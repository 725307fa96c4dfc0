-- ===== src/User/Os/Events.antt =====
-- The classes of events of TomatLib/tomato/OS.hpp, lines 12-180, as functions on an event.
use tomat_os_old.Common.{
  ℕ, ◌+◌, ◌%◌, ◌^◌, ◌<◌, ◌≡◌, Bool, not, ltb, leb, ◌==◌, if◌then◌else◌, u8, Run, done, fault, arith,
}
use tomat_os_old.Kernel.{Event}
use tomat_os_old.User.Os.{kind_number}

-- `Event::Kind`
kind : Event → ℕ
kind event = kind_number event.type

-- `Event::operator[]`, whose result is a bool.
at_index : (index : ℕ) → Event → Run Bool
at_index index event =
    if index == 0
    then done (not (event.data0 == 0))
    else if index == 1
    then done (not (event.data1 == 0))
    else if index == 2
    then done (not (event.data2 == 0))
    else if index == 3
    then done (not (event.data3 == 0))
    else fault

-- `TimerEvent::ID`
id : Event → ℕ
id event = event.data0

-- The comparing operators of C++.
data Operator : Type 0 where
  equal different greater greater_or_equal less less_or_equal : Operator

compare_with : Operator → ℕ → ℕ → Bool
compare_with equal a b = a == b
compare_with different a b = not (a == b)
compare_with greater a b = ltb b a
compare_with greater_or_equal a b = leb b a
compare_with less a b = ltb a b
compare_with less_or_equal a b = leb a b

-- `TimerEvent` has the first two operators.
timer_test : Operator → Event → (timer : ℕ) → Bool
unfolding id compare_with
timer_test operator event timer = compare_with operator (id event) timer

-- `KeyEvent::KeyCode` and `KeyUpEvent::KeyCode`
key_code : Event → ℕ
key_code event = event.data0

-- `KeyEvent::Repeat`
repeat : Event → Bool
repeat event = not (event.data1 == 0)

-- The operators of `KeyEvent` and of `KeyUpEvent`.
key_test : Operator → Event → (value : ℕ) → Bool
unfolding key_code compare_with
key_test operator event value = compare_with operator (key_code event) value

key_up_test : Operator → Event → (value : ℕ) → Bool
unfolding key_code compare_with
key_up_test operator event value = compare_with operator (key_code event) value

-- `CharEvent::Char`, the 8 bits of a char.
character : Event → ℕ
character event = u8 event.data0

-- A char is signed: its 8 bits are compared after moving -128 to 0.
char_test : Operator → Event → (value : ℕ) → Bool
unfolding character compare_with
char_test operator event value =
    compare_with operator ((character event + 128) % 2 ^ 8) ((value + 128) % 2 ^ 8)

-- On ASCII characters the operators of `CharEvent` are those on the characters' codes.
char_test-compare_with :
    (operator : Operator) (event : Event) (value : ℕ)
    → event.data0 < 128
    → value < 128
    → char_test operator event value ≡ compare_with operator event.data0 value
unfolding char_test character compare_with
char_test-compare_with equal event value c v = ground (arith, c, v)
char_test-compare_with different event value c v = ground (arith, c, v)
char_test-compare_with greater event value c v = ground (arith, c, v)
char_test-compare_with greater_or_equal event value c v = ground (arith, c, v)
char_test-compare_with less event value c v = ground (arith, c, v)
char_test-compare_with less_or_equal event value c v = ground (arith, c, v)
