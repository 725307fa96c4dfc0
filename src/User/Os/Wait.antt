-- ===== src/User/Os/Wait.antt =====
-- What a program that waits for an event loses (OS.hpp, lines 188-235).
use tomat_os_old.Common.{
  ℕ, zero, suc, ◌<◌, ◌≡◌, ◌≢◌, refl, ◌∙◌, true, false, List, [], ◌∷◌, All, length, Run, done, arith,
}
use tomat_os_old.Kernel.{Registers, EventType, terminate, Event}
use tomat_os_old.Boot.Isr.{RegsHandler}
use tomat_os_old.User.Os.{
  kind_number, is_kind, tomato_os_pull_event, pull_kind, pull_event_raw, pull_event,
}

module _ {S : Type 0} (trap : RegsHandler S) (event_at : S → ℕ → Event) (regs : Registers) where
  -- The kernel delivers these events to the program, in this order, one for each call.
  pub data Delivers : List Event → S → S → Type 0 where
    nothing : {s : S} → Delivers [] s s
    next :
        {e : Event} {es : List Event} {s t u : S}
        → tomato_os_pull_event trap event_at regs s ≡ done (e, t)
        → Delivers es t u
        → Delivers (e ∷ es) s u

  pub kind_found :
      (fuel : ℕ) (kind : EventType) (e : Event) (s t : S)
      → tomato_os_pull_event trap event_at regs s ≡ done (e, t)
      → is_kind kind e ≡ true
      → pull_kind trap event_at regs (suc fuel) kind s ≡ done (e, t)
  unfolding pull_kind
  kind_found fuel kind e s t pull is = rw (pull_kind, pull, is) refl

  pub kind_missed :
      (fuel : ℕ) (kind : EventType) (e : Event) (s t : S)
      → tomato_os_pull_event trap event_at regs s ≡ done (e, t)
      → is_kind kind e ≡ false
      → pull_kind trap event_at regs (suc fuel) kind s ≡ pull_kind trap event_at regs fuel kind t
  unfolding pull_kind
  kind_missed fuel kind e s t pull is = rw (pull_kind, pull, is) refl

  pull_kind-Delivers :
      (fuel : ℕ) (kind : EventType) (es : List Event) (e : Event) (s t u : S)
      → Delivers es s t
      → All (λ e. is_kind kind e ≡ false) es
      → tomato_os_pull_event trap event_at regs t ≡ done (e, u)
      → is_kind kind e ≡ true
      → length es < fuel
      → pull_kind trap event_at regs fuel kind s ≡ done (e, u)
  pull_kind-Delivers zero kind es e s t u some_events others last is enough = ground (arith, enough)
  pull_kind-Delivers (suc fuel) kind [] e s _ u nothing others last is enough =
      kind_found fuel kind e s u last is
  pull_kind-Delivers (suc fuel) kind (e' ∷ es) e s t u (next {t = v} pull rest) (other, others) last
        is enough =
      kind_missed fuel kind e' s v pull other
      ∙ pull_kind-Delivers fuel kind es e v t u rest others last is (omega (arith, enough))

  raw_pulled :
      (fuel : ℕ) (kind : EventType) (s : S) (r : Run (Event × S))
      → kind_number kind ≢ 0
      → pull_kind trap event_at regs fuel kind s ≡ r
      → pull_event_raw trap event_at regs fuel kind s ≡ r
  unfolding pull_event_raw
  raw_pulled fuel kind s r some_kind run = ground (arith, some_kind, run)

  -- An event of a kind that is not the one of a request to terminate is passed on.
  pub pulled :
      (fuel : ℕ) (kind : EventType) (e : Event) (s u : S)
      → kind_number kind ≢ 0
      → kind_number kind ≢ 5
      → pull_kind trap event_at regs fuel kind s ≡ done (e, u)
      → is_kind kind e ≡ true
      → pull_event trap event_at regs fuel kind s ≡ done (e, u)
  unfolding pull_event is_kind kind_number
  pulled fuel kind e s u some_kind no_end run is =
      let stays : is_kind terminate e ≡ false = ground (arith, is, no_end) in
      rw (pull_event, raw_pulled fuel kind s (done (e, u)) some_kind run, stays) refl

  -- A program that waits with `OS::PullEventRaw` or `OS::PullEvent` for events of one kind, neither any
  -- event nor a request to terminate, gets the first one of that kind that the kernel delivers; the events before
  -- it are lost, requests to terminate among them. Both return; the fuel exceeds the number of lost events.
  pub pull_event-Delivers :
      (fuel : ℕ) (kind : EventType) (es : List Event) (e : Event) (s t u : S)
      → kind_number kind ≢ 0
      → kind_number kind ≢ 5
      → Delivers es s t
      → All (λ e. is_kind kind e ≡ false) es
      → tomato_os_pull_event trap event_at regs t ≡ done (e, u)
      → is_kind kind e ≡ true
      → length es < fuel
      → (pull_event_raw trap event_at regs fuel kind s ≡ done (e, u))
        × (pull_event trap event_at regs fuel kind s ≡ done (e, u))
  pull_event-Delivers fuel kind es e s t u some_kind no_end some_events others last is enough =
      let run = pull_kind-Delivers fuel kind es e s t u some_events others last is enough in
      (
        raw_pulled fuel kind s (done (e, u)) some_kind run,
        pulled fuel kind e s u some_kind no_end run is,
      )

▶ [Activity]
Nothing beyond the lines from the start of the entries through the line with "kind event = kind_number event.type" should appear. Repeat those lines exactly, both ends included.

▶ [Final answer]
repository 725307fa96c4dfc0
-- ===== src/User/Os/Events.antt =====
-- The classes of events of TomatLib/tomato/OS.hpp, lines 12-180, as functions on an event.
use tomat_os_old.Common.{
  ℕ, ◌+◌, ◌%◌, ◌^◌, ◌<◌, ◌≡◌, Bool, not, ltb, leb, ◌==◌, if◌then◌else◌, u8, Run, done, fault, arith,
}
use tomat_os_old.Kernel.{Event}
use tomat_os_old.User.Os.{kind_number}

-- `Event::Kind`
kind : Event → ℕ
kind event = kind_number event.type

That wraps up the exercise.